→ WHAT IS REQUIRED
Filter out every line below that lacks "content", and copy the rest.

#### INPUT FOR THIS TASK

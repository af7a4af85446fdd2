-- ===== src/Vcdiff/Target/Copy.antt =====
-- Copies out of the output that is written already, in chunks of the scratch buffer.
use rust_crates.Prelude.{
  ℕ, zero, suc, ◌+◌, ◌-◌, ◌≤◌, ◌≡◌, refl, sym, ap, ◌∙◌, subst, List, ◌++◌, arith, true, append-nil,
  min,
}
use rust_crates.Prelude.{
  IsU64, IsByte, All, length, take, drop, take-take, length-append, ltb, lt→ltb,
}
use rust_crates.Vcdiff.Error.{ok, DecodeContext}
use rust_crates.Vcdiff.Stream.{Stream, WritesBytes}
use rust_crates.Vcdiff.Adler.Sums.{All-append, IsByte-take, IsByte-drop}
use rust_crates.Vcdiff.Target.{
  TargetWriter, io_buffer_size, emit_scratch, read_scratch, copy_loop, copy_from_target,
}
use rust_crates.Vcdiff.Target.Emit.{Holds, emit_lem}
use rust_crates.Vcdiff.Target.Read.{read_target_lem}
use rust_crates.Vcdiff.Target.Run.{Extended, Extended-trans, Extended-joined}
use rust_crates.Vcdiff.Target.Overlap.{overlap, overlap-inside, overlap-split, length-overlap}

module _ {T : Stream} (law : WritesBytes T) where
  pub Holds-context :
      (context : DecodeContext) (out win : List ℕ) (w : TargetWriter T)
      → Holds law out win w
      → Holds law out win (record w { context = context })
  Holds-context context out win w h = record {
    writing = record {
      sized = h.writing.sized;
      len_known = h.writing.len_known;
      content = h.writing.content;
      at_end = h.writing.at_end;
      stands = h.writing.stands;
      pending_small = h.writing.pending_small;
    };
    summed = h.summed;
    bytes_small = h.bytes_small;
  }

  -- Reading into the scratch buffer changes neither the output nor the sum.
  pub read_scratch_lem :
      (fuel start wanted : ℕ) (out win : List ℕ) (context : DecodeContext) (w : TargetWriter T)
      → io_buffer_size ≤ fuel
      → wanted ≤ io_buffer_size
      → start + wanted ≤ length out
      → Holds law out win w
      → (w' : TargetWriter T) × (read_scratch fuel start wanted context w ≡ ok w')
        × Extended law out win w w'
        × (w'.scratch ≡ take wanted (drop start out))
  unfolding read_scratch
  read_scratch_lem fuel start wanted out win context w f small inside h =
      let (r, e, d, flushed) =
        read_target_lem law fuel start wanted out context w f (omega arith) inside h.writing in
      (
        record r { scratch = take wanted (drop start out) },
        rw e,
        record {
          holds = record {
            writing = record {
              sized = d.writing.sized;
              len_known = d.writing.len_known;
              content = d.writing.content;
              at_end = d.writing.at_end;
              stands = d.writing.stands;
              pending_small = d.writing.pending_small;
            };
            summed = d.kept.adler_kept ∙ h.summed;
            bytes_small = h.bytes_small;
          };
          window_kept = d.kept.window_kept;
        },
        refl,
      )

  pub copy_loop_lem :
      (rounds fuel start copied left : ℕ) (out win : List ℕ) (context : DecodeContext)
      (w : TargetWriter T)
      → left ≤ rounds
      → io_buffer_size ≤ fuel
      → Holds law out win w
      → All IsByte out
      → start + copied + min left io_buffer_size ≤ length out
      → IsU64 (length out + left)
      → (w' : TargetWriter T) × (copy_loop rounds fuel start copied left context w ≡ ok w')
        × Extended law
            (out ++ overlap out (start + copied) left)
            (win ++ overlap out (start + copied) left)
            w
            w'
  unfolding copy_loop emit_scratch overlap
  copy_loop_lem rounds fuel start copied zero out win context w r f h b inside s =
      (w, refl, rw (append-nil out, append-nil win) (record { holds = h; window_kept = refl }))
  copy_loop_lem zero fuel start copied (suc left) out win context w r f h b inside s =
      absurd (omega arith)
  copy_loop_lem (suc rounds) fuel start copied (suc left) out win context w r f h b inside s =
      let count : ℕ = min (suc left) io_buffer_size in
      let at : ℕ = start + copied in
      let chunk : List ℕ = overlap out at count in
      let rest : ℕ = suc left - count in
      let small : ltb count 0x1_0000_0000_0000_0000 ≡ true = lt→ltb _ _ (omega arith) in
      let fits : ltb (start + copied) 0x1_0000_0000_0000_0000 ≡ true = lt→ltb _ _ (omega arith) in
      let fits' : ltb (copied + count) 0x1_0000_0000_0000_0000 ≡ true = lt→ltb _ _ (omega arith) in
      let there : chunk ≡ take count (drop at out) = overlap-inside count out at (omega arith) in
      let bytes : All IsByte chunk =
        subst (All IsByte) (sym there) (IsByte-take count (drop at out) (IsByte-drop at out b)) in
      let (m, e, p, c) =
        read_scratch_lem fuel at count out win context w f (omega arith) (omega arith) h in
      let same : take count m.scratch ≡ chunk =
        ap (take count) c ∙ take-take count count (drop at out) (omega arith) ∙ sym there in
      let size : length chunk ≡ count = length-overlap out at count in
      let (n, e1, q) =
        emit_lem law fuel chunk out win context m f p.holds bytes (omega (arith, size)) in
      let (w', e2, x) =
        copy_loop_lem rounds fuel start (copied + count) rest (out ++ chunk) (win ++ chunk) context
          n (omega arith) f q.holds (All-append out chunk b bytes)
          (omega (arith, length-append out chunk, size))
          (omega (arith, length-append out chunk, size)) in
      let moved : start + (copied + count) ≡ at + count = omega arith in
      let sum : count + rest ≡ suc left = omega arith in
      let whole : chunk ++ overlap (out ++ chunk) (start + (copied + count)) rest
          ≡ overlap out at (suc left) =
        ap (λ (k : ℕ). chunk ++ overlap (out ++ chunk) k rest) moved
        ∙ sym (overlap-split count rest out at)
        ∙ ap (overlap out at) sum in
      (
        w',
        rw (small, fits, e, same, e1, fits', e2),
        Extended-joined law chunk (overlap (out ++ chunk) (start + (copied + count)) rest)
            (overlap out at (suc left)) out win whole
            (Extended-trans law p
              (Extended-trans law (record { holds = q.holds; window_kept = q.window_kept }) x)),
      )

  -- `copy_from_target` always succeeds on a range of the output, while the output stays below 2^64
  -- bytes: it appends exactly the bytes of that range.
  -- The streams keep the promises of the traits, and the fuel is no less than the I/O buffer.
  pub copy_from_target_lem :
      (fuel start size : ℕ) (out win : List ℕ) (context : DecodeContext) (w : TargetWriter T)
      → io_buffer_size ≤ fuel
      → Holds law out win w
      → All IsByte out
      → start + size ≤ length out
      → IsU64 (length out + size)
      → (w' : TargetWriter T) × (copy_from_target fuel start size context w ≡ ok w')
        × Extended law (out ++ take size (drop start out)) (win ++ take size (drop start out)) w w'
  unfolding copy_from_target
  copy_from_target_lem fuel start size out win context w f h b inside s =
      let w0 : TargetWriter T = record w { context = context } in
      let (w', e, x) =
        copy_loop_lem size fuel start 0 size out win context w0 (omega arith) f
          (Holds-context context out win w h) b (omega arith) s in
      let at : start + 0 ≡ start = omega arith in
      let same : overlap out (start + 0) size ≡ take size (drop start out) =
        ap (λ (k : ℕ). overlap out k size) at ∙ overlap-inside size out start inside in
      (
        w',
        e,
        subst (λ l. Extended law (out ++ l) (win ++ l) w w') same
            (record { holds = x.holds; window_kept = x.window_kept }),
      )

########

→ RESPONSE
      content = h.writing.content;
              content = d.writing.content;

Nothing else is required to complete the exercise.